Please retype the records that appear below, exactly and in full.

###

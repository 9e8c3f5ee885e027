-- ===== src/TimerWheel.antt =====
-- class TimerWheel of ydx_timer_wheel.h and ydx_timer_wheel.cpp: a ring of buckets, each a list of
-- shared pointers to nodes. A node is destroyed, and so calls its callback, once no bucket holds it.
-- The ring is boost's circular buffer, an interface here.
pub mod Count
pub mod Deadline
pub mod Simulation
pub mod Expiry
mod Tests
use network_ydxlib.Base.{
  ℕ, zero, suc, ◌+◌, ◌≡◌, Bool, true, false, ◌||◌, List, [], ◌∷◌, ◌++◌, ◌==◌, if◌then◌else◌, drop,
}
use network_ydxlib.Base.Int.{ℤ, pos, negsuc}
use network_ydxlib.Timestamp.{Timestamp, time_difference_micro}

-- A full circular buffer of buckets: all its elements, the oldest first, `push_back(Bucket())`, and
-- `back().push_back(node)`.
pub record Circular : Type 1 where
  pub Buffer : Type 0
  pub elements : Buffer → List (List ℕ)
  pub push_empty : Buffer → Buffer
  pub put_back : ℕ → Buffer → Buffer

abbrev pub on_last : ℕ → List (List ℕ) → List (List ℕ)
on_last n [] = []
on_last n (x ∷ []) = (x ++ (n ∷ [])) ∷ []
on_last n (x ∷ y ∷ xs) = x ∷ on_last n (y ∷ xs)

-- What boost documents of a full circular buffer: a push drops the oldest element.
pub record IsCircular (C : Circular) : Type 0 where
  pub elements-push_empty :
      (b : C.Buffer) → C.elements (C.push_empty b) ≡ drop 1 (C.elements b) ++ ([] ∷ [])
  pub elements-put_back :
      (n : ℕ) (b : C.Buffer) → C.elements (C.put_back n b) ≡ on_last n (C.elements b)

-- Nodes have numbers; `fired` are those destroyed so far, the first one first.
pub record TimerWheel (C : Circular) : Type 0 where
  pub node_circle_buf : C.Buffer
  pub bucket_num : ℕ
  pub time : Timestamp
  pub fired : List ℕ

abbrev pub holds : ℕ → List ℕ → Bool
holds n [] = false
holds n (x ∷ xs) = (n == x) || holds n xs

abbrev pub is_held : ℕ → List (List ℕ) → Bool
is_held n [] = false
is_held n (x ∷ xs) = holds n x || is_held n xs

-- The nodes of a bucket whose last pointers go with it, while the buckets `others` stay.
abbrev pub release : List ℕ → (others : List (List ℕ)) → List ℕ
release [] others = []
release (n ∷ ns) others =
    if holds n ns || is_held n others then release ns others else n ∷ release ns others

abbrev pub oldest : List (List ℕ) → List ℕ
oldest [] = []
oldest (x ∷ xs) = x

module _ {C : Circular} where
  unfoldable pub push_empty : TimerWheel C → TimerWheel C
  push_empty w =
      let all = C.elements w.node_circle_buf in
      record w {
        node_circle_buf = C.push_empty w.node_circle_buf;
        fired = w.fired ++ release (oldest all) (drop 1 all);
      }

  unfoldable pub push_empties : ℕ → TimerWheel C → TimerWheel C
  push_empties zero w = w
  push_empties (suc n) w = push_empties n (push_empty w)

  unfoldable pub put_back : ℕ → TimerWheel C → TimerWheel C
  put_back n w = record w { node_circle_buf = C.put_back n w.node_circle_buf }

  -- What follows the computation of `diff_time`; the node of a call that fails is destroyed with it.
  unfoldable pub add_after : (diff_time : ℤ) → Timestamp → ℕ → TimerWheel C → Bool × TimerWheel C
  unfolding put_back
  add_after (negsuc k) time n w = (false, record w { fired = w.fired ++ (n ∷ []) })
  add_after (pos zero) time n w = (true, put_back n w)
  add_after (pos (suc k)) time n w =
      (true, put_back n (push_empties (suc k) (record w { time = time })))

  unfoldable pub add_node : Timestamp → ℕ → TimerWheel C → Bool × TimerWheel C
  unfolding add_after
  add_node time n w = add_after (time_difference_micro time w.time) time n w

  -- The weak pointer of a node that no bucket holds locks to nothing.
  unfoldable pub refresh_node : ℕ → TimerWheel C → TimerWheel C
  unfolding put_back
  refresh_node n w = if is_held n (C.elements w.node_circle_buf) then put_back n w else w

###

» EXERCISE ANSWER
repository 9e8c3f5ee885e027
-- ===== src/TimerWheel.antt =====
-- class TimerWheel of ydx_timer_wheel.h and ydx_timer_wheel.cpp: a ring of buckets, each a list of
-- shared pointers to nodes. A node is destroyed, and so calls its callback, once no bucket holds it.
-- The ring is boost's circular buffer, an interface here.
pub mod Count
pub mod Deadline
pub mod Simulation
pub mod Expiry
mod Tests
use network_ydxlib.Base.{
  ℕ, zero, suc, ◌+◌, ◌≡◌, Bool, true, false, ◌||◌, List, [], ◌∷◌, ◌++◌, ◌==◌, if◌then◌else◌, drop,
}
use network_ydxlib.Base.Int.{ℤ, pos, negsuc}
use network_ydxlib.Timestamp.{Timestamp, time_difference_micro}

-- A full circular buffer of buckets: all its elements, the oldest first, `push_back(Bucket())`, and
-- `back().push_back(node)`.
pub record Circular : Type 1 where
  pub Buffer : Type 0
  pub elements : Buffer → List (List ℕ)
  pub push_empty : Buffer → Buffer
  pub put_back : ℕ → Buffer → Buffer

abbrev pub on_last : ℕ → List (List ℕ) → List (List ℕ)
on_last n [] = []
on_last n (x ∷ []) = (x ++ (n ∷ [])) ∷ []
on_last n (x ∷ y ∷ xs) = x ∷ on_last n (y ∷ xs)

-- What boost documents of a full circular buffer: a push drops the oldest element.
pub record IsCircular (C : Circular) : Type 0 where
  pub elements-push_empty :
      (b : C.Buffer) → C.elements (C.push_empty b) ≡ drop 1 (C.elements b) ++ ([] ∷ [])
  pub elements-put_back :
      (n : ℕ) (b : C.Buffer) → C.elements (C.put_back n b) ≡ on_last n (C.elements b)

-- Nodes have numbers; `fired` are those destroyed so far, the first one first.
pub record TimerWheel (C : Circular) : Type 0 where
  pub node_circle_buf : C.Buffer
  pub bucket_num : ℕ
  pub time : Timestamp
  pub fired : List ℕ

abbrev pub holds : ℕ → List ℕ → Bool
holds n [] = false
holds n (x ∷ xs) = (n == x) || holds n xs

abbrev pub is_held : ℕ → List (List ℕ) → Bool
is_held n [] = false
is_held n (x ∷ xs) = holds n x || is_held n xs

-- The nodes of a bucket whose last pointers go with it, while the buckets `others` stay.
abbrev pub release : List ℕ → (others : List (List ℕ)) → List ℕ
release [] others = []
release (n ∷ ns) others =
    if holds n ns || is_held n others then release ns others else n ∷ release ns others

abbrev pub oldest : List (List ℕ) → List ℕ
oldest [] = []
oldest (x ∷ xs) = x

module _ {C : Circular} where
  unfoldable pub push_empty : TimerWheel C → TimerWheel C
  push_empty w =
      let all = C.elements w.node_circle_buf in
      record w {
        node_circle_buf = C.push_empty w.node_circle_buf;
        fired = w.fired ++ release (oldest all) (drop 1 all);
      }

  unfoldable pub push_empties : ℕ → TimerWheel C → TimerWheel C
  push_empties zero w = w
  push_empties (suc n) w = push_empties n (push_empty w)

  unfoldable pub put_back : ℕ → TimerWheel C → TimerWheel C
  put_back n w = record w { node_circle_buf = C.put_back n w.node_circle_buf }

  -- What follows the computation of `diff_time`; the node of a call that fails is destroyed with it.
  unfoldable pub add_after : (diff_time : ℤ) → Timestamp → ℕ → TimerWheel C → Bool × TimerWheel C
  unfolding put_back
  add_after (negsuc k) time n w = (false, record w { fired = w.fired ++ (n ∷ []) })
  add_after (pos zero) time n w = (true, put_back n w)
  add_after (pos (suc k)) time n w =
      (true, put_back n (push_empties (suc k) (record w { time = time })))

  unfoldable pub add_node : Timestamp → ℕ → TimerWheel C → Bool × TimerWheel C
  unfolding add_after
  add_node time n w = add_after (time_difference_micro time w.time) time n w

  -- The weak pointer of a node that no bucket holds locks to nothing.
  unfoldable pub refresh_node : ℕ → TimerWheel C → TimerWheel C
  unfolding put_back
  refresh_node n w = if is_held n (C.elements w.node_circle_buf) then put_back n w else w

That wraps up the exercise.